-- ===== src/Block/Tagset/Kept.antt =====
-- What the tag calls of src/linux_subsystem/block/block.c leave of a bound tag.
use kobox.Prelude.{
  ==_iff, Bool, Bool-cases, List, [], ap, arith, get_or, get_or-set_ne, inl, inr, leb, length-set,
  refl, set, sym, true, ℕ, ◌<◌, ◌==◌, ◌∙◌, ◌∷◌, ◌≡◌, ◌≢◌, ◌⊎◌,
}
use kobox.Keyed
use kobox.Block.Tagset.{
  HwQueue, Tagsets, tagset_key, tagset_state_find, tagset_state_for, hw_at, write_hw, alloc_from,
  tagset_alloc_tag, tagset_bind_request, tagset_unbind_request, tagset_request,
}
use kobox.Block.Tagset.Alloc.{
  HwValid, Has, Has-write, alloc_from-HwValid, alloc_from-kept, set-HwValid, alloc_at, bind_at,
  unbind_at,
}
use kobox.Block.Tagset.Elsewhere.{
  with_node, IsElsewhere, alloc-IsElsewhere, request_elsewhere, bind-IsElsewhere,
  unbind-IsElsewhere,
}

-- A call, with what calloc does, the tag set and the hardware queue.
pub data Call : Type 0 where
  allocate look_up : Bool → ℕ → ℕ → Call
  bind unbind : Bool → ℕ → ℕ → ℕ → ℕ → Call

abbrev pub step : Call → Tagsets → Tagsets
step (allocate got s j) ts = (tagset_alloc_tag got s j ts).1
step (look_up got s j) ts = (tagset_request got s j 0 ts).1
step (bind got s j t request) ts = (tagset_bind_request got s j t request ts).1
step (unbind got s j t request) ts = tagset_unbind_request got s j t request ts

abbrev pub run : List Call → Tagsets → Tagsets
run [] ts = ts
run (c ∷ cs) ts = run cs (step c ts)

module _ (tag_set i tag request : ℕ) where
  -- The call binds nothing to the tag, and does not unbind the request from it.
  abbrev pub Leaves : Call → Type 0
  Leaves (allocate got s j) = Unit
  Leaves (look_up got s j) = Unit
  Leaves (bind got s j t r) = (s ≢ tag_set) ⊎ (j ≢ i) ⊎ (t ≢ tag)
  Leaves (unbind got s j t r) = (s ≢ tag_set) ⊎ (j ≢ i) ⊎ (t ≢ tag) ⊎ (r ≢ request)

  pub record Holds (ts : Tagsets) : Type 0 where
    pub entry : HwQueue
    pub has : Has tag_set i ts entry
    pub valid : HwValid entry
    pub below : tag < entry.nr_tags
    pub held : get_or entry.rqs tag 0 ≡ request

  Holds-Has : (ts ts' : Tagsets) (h : Holds ts) → Has tag_set i ts' h.entry → Holds ts'
  Holds-Has ts ts' h has = record {
    entry = h.entry;
    has = has;
    valid = h.valid;
    below = h.below;
    held = h.held;
  }

  -- A write to the entry of the queue that keeps the tag's request.
  Holds-write :
      (ts : Tagsets) (f : HwQueue → HwQueue) (h : Holds ts)
      → HwValid (f h.entry)
      → (f h.entry).nr_tags ≡ h.entry.nr_tags
      → get_or (f h.entry).rqs tag 0 ≡ request
      → Holds (write_hw tag_set i f ts)
  Holds-write ts f h valid same kept = record {
    entry = f h.entry;
    has = Has-write tag_set i ts h.entry f h.has;
    valid = valid;
    below = omega (arith, h.below, same);
    held = kept;
  }

  -- A write to another entry.
  Holds-elsewhere :
      (ts : Tagsets) (s j : ℕ) (f : HwQueue → HwQueue)
      → (s ≢ tag_set) ⊎ (j ≢ i)
      → Holds ts
      → Holds (write_hw s j f ts)
  unfolding write_hw tagset_state_find
  Holds-elsewhere ts s j f away h =
      let t = h.has.tagset in
      let written =
        Keyed.find-modify tagset_key s tag_set (λ t. record t { hw = set t.hw j (f (hw_at t j)) })
          ts (λ t. refl) in
      elim (Bool-cases (tag_set == s)) [
        | inr e ↦ Holds-Has ts _ h (record {
          tagset = t;
          found = ground (arith, h.has.found, written);
          in_array = h.has.in_array;
          within = h.has.within;
          entry = h.has.entry;
        })
        | inl e ↦
            let apart : j ≢ i = ground arith in
            Holds-Has ts _ h (record {
              tagset = record t { hw = set t.hw j (f (hw_at t j)) };
              found = ground (arith, h.has.found, written);
              in_array = omega (arith, h.has.in_array, length-set t.hw j (f (hw_at t j)));
              within = h.has.within;
              entry = get_or-set_ne t.hw (f (hw_at t j)) _ apart ∙ h.has.entry;
            })
      ]

  Holds-with_node : (got : Bool) (s : ℕ) (ts : Tagsets) → Holds ts → Holds (with_node got s ts)
  unfolding tagset_state_for tagset_state_find Keyed.find
  Holds-with_node got s ts h = Holds-Has ts _ h (record {
    tagset = h.has.tagset;
    found = ground (arith, h.has.found);
    in_array = h.has.in_array;
    within = h.has.within;
    entry = h.has.entry;
  })

  Holds-IsElsewhere :
      (s j : ℕ) (got : Bool) (ts ts' : Tagsets)
      → IsElsewhere s j got ts ts'
      → (s ≢ tag_set) ⊎ (j ≢ i)
      → Holds ts
      → Holds ts'
  Holds-IsElsewhere s j got ts ts' (inl e) away h = rw e (Holds-with_node got s ts h)
  Holds-IsElsewhere s j got ts ts' (inr (f, e)) away h =
      rw e (Holds-elsewhere (with_node got s ts) s j f away (Holds-with_node got s ts h))

  -- A call on the queue itself, with a tag that it has, or not.
  Holds-allocate :
      (got : Bool) (ts : Tagsets) → Holds ts → Holds (tagset_alloc_tag got tag_set i ts).1
  Holds-allocate got ts h =
      let (rqs, nr) = alloc_from-kept h.entry in
      rw (alloc_at tag_set i got ts h.entry h.has) (
        Holds-write ts (λ q. (alloc_from q).1) h (alloc_from-HwValid h.entry h.valid) nr
          (ap (λ l. get_or l tag 0) rqs ∙ h.held))

  Holds-set :
      (ts : Tagsets) (t r : ℕ) (h : Holds ts)
      → t ≢ tag
      → Holds (write_hw tag_set i (λ q. record q { rqs = set q.rqs t r }) ts)
  Holds-set ts t r h apart =
      Holds-write ts (λ q. record q { rqs = set q.rqs t r }) h (set-HwValid h.entry t r h.valid)
        refl (get_or-set_ne h.entry.rqs r 0 apart ∙ h.held)

  beyond_bind :
      (got : Bool) (t r : ℕ) (ts : Tagsets) (q : HwQueue)
      → Has tag_set i ts q
      → leb q.nr_tags t ≡ true
      → (tagset_bind_request got tag_set i t r ts).1 ≡ ts
  unfolding tagset_bind_request tagset_state_for
  beyond_bind got t r ts q h lt = ground (arith, h.found, h.within, h.entry)

  beyond_unbind :
      (got : Bool) (t r : ℕ) (ts : Tagsets) (q : HwQueue)
      → Has tag_set i ts q
      → leb q.nr_tags t ≡ true
      → tagset_unbind_request got tag_set i t r ts ≡ ts
  unfolding tagset_unbind_request tagset_state_for
  beyond_unbind got t r ts q h lt = ground (arith, h.found, h.within, h.entry)

  Holds-bind :
      (got : Bool) (t r : ℕ) (ts : Tagsets)
      → t ≢ tag
      → Holds ts
      → Holds (tagset_bind_request got tag_set i t r ts).1
  Holds-bind got t r ts apart h = elim (Bool-cases (leb h.entry.nr_tags t)) [
    | inl e ↦ rw (beyond_bind got t r ts h.entry h.has e) h
    | inr e ↦
        rw (bind_at tag_set i got t r ts h.entry h.has (ground arith)) (Holds-set ts t r h apart)
  ]

  Holds-unbind :
      (got : Bool) (t r : ℕ) (ts : Tagsets)
      → (t ≢ tag) ⊎ (r ≢ request)
      → Holds ts
      → Holds (tagset_unbind_request got tag_set i t r ts)
  Holds-unbind got t r ts apart h = elim (Bool-cases (leb h.entry.nr_tags t)) [
    | inl e ↦ rw (beyond_unbind got t r ts h.entry h.has e) h
    | inr e ↦ elim (Bool-cases (get_or h.entry.rqs t 0 == r)) [
      | inr m ↦ rw (unbind_at tag_set i got t r ts h.entry h.has (ground arith), m) h
      | inl m ↦
          rw (unbind_at tag_set i got t r ts h.entry h.has (ground arith), m)
            (Holds-set ts t 0 h (elim apart [
              | inl a ↦ a
              | inr a ↦
                  λ z. a (sym ((==_iff _ _).0 m) ∙ ap (λ k. get_or h.entry.rqs k 0) z ∙ h.held)
            ]))
    ]
  ]

  near_or_far : (s j : ℕ) → ((s ≡ tag_set) × (j ≡ i)) ⊎ ((s ≢ tag_set) ⊎ (j ≢ i))
  near_or_far s j = elim (Bool-cases (s == tag_set)) [
    | inr e ↦ inr (inl (ground arith))
    | inl e ↦ elim (Bool-cases (j == i)) [
      | inl e' ↦ inl (ground arith, ground arith)
      | inr e' ↦ inr (inr (ground arith))
    ]
  ]

  pub step-Holds : (c : Call) (ts : Tagsets) → Leaves c → Holds ts → Holds (step c ts)
  step-Holds (allocate got s j) ts ok h = elim (near_or_far s j) [
    | inl (a, b) ↦ rw (a, b) (Holds-allocate got ts h)
    | inr far ↦ Holds-IsElsewhere s j got ts _ (alloc-IsElsewhere got s j ts) far h
  ]
  step-Holds (look_up got s j) ts ok h =
      rw (request_elsewhere got s j ts 0) (Holds-with_node got s ts h)
  step-Holds (bind got s j t r) ts ok h = elim (near_or_far s j) [
    | inl (a, b) ↦ rw (a, b) (Holds-bind got t r ts (near ok a b) h)
    | inr far ↦ Holds-IsElsewhere s j got ts _ (bind-IsElsewhere got s j ts t r) far h
  ]
    where
      near : {P : Type 0} → (s ≢ tag_set) ⊎ (j ≢ i) ⊎ P → s ≡ tag_set → j ≡ i → P
      near (inl n) a b = absurd (n a)
      near (inr (inl n)) a b = absurd (n b)
      near (inr (inr p)) a b = p
  step-Holds (unbind got s j t r) ts ok h = elim (near_or_far s j) [
    | inl (a, b) ↦ rw (a, b) (Holds-unbind got t r ts (near ok a b) h)
    | inr far ↦ Holds-IsElsewhere s j got ts _ (unbind-IsElsewhere got s j ts t r) far h
  ]
    where
      near : {P : Type 0} → (s ≢ tag_set) ⊎ (j ≢ i) ⊎ P → s ≡ tag_set → j ≡ i → P
      near (inl n) a b = absurd (n a)
      near (inr (inl n)) a b = absurd (n b)
      near (inr (inr p)) a b = p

^^^^

#### Work to be completed:
The output must consist solely of the lines from the first line of the records through the line containing "abbrev pub step : Call → Tagsets → Tagsets", reproduced exactly.

#### Solved exercise:
-- ===== src/Block/Tagset/Kept.antt =====
-- What the tag calls of src/linux_subsystem/block/block.c leave of a bound tag.
use kobox.Prelude.{
  ==_iff, Bool, Bool-cases, List, [], ap, arith, get_or, get_or-set_ne, inl, inr, leb, length-set,
  refl, set, sym, true, ℕ, ◌<◌, ◌==◌, ◌∙◌, ◌∷◌, ◌≡◌, ◌≢◌, ◌⊎◌,
}
use kobox.Keyed
use kobox.Block.Tagset.{
  HwQueue, Tagsets, tagset_key, tagset_state_find, tagset_state_for, hw_at, write_hw, alloc_from,
  tagset_alloc_tag, tagset_bind_request, tagset_unbind_request, tagset_request,
}
use kobox.Block.Tagset.Alloc.{
  HwValid, Has, Has-write, alloc_from-HwValid, alloc_from-kept, set-HwValid, alloc_at, bind_at,
  unbind_at,
}
use kobox.Block.Tagset.Elsewhere.{
  with_node, IsElsewhere, alloc-IsElsewhere, request_elsewhere, bind-IsElsewhere,
  unbind-IsElsewhere,
}

-- A call, with what calloc does, the tag set and the hardware queue.
pub data Call : Type 0 where
  allocate look_up : Bool → ℕ → ℕ → Call
  bind unbind : Bool → ℕ → ℕ → ℕ → ℕ → Call

abbrev pub step : Call → Tagsets → Tagsets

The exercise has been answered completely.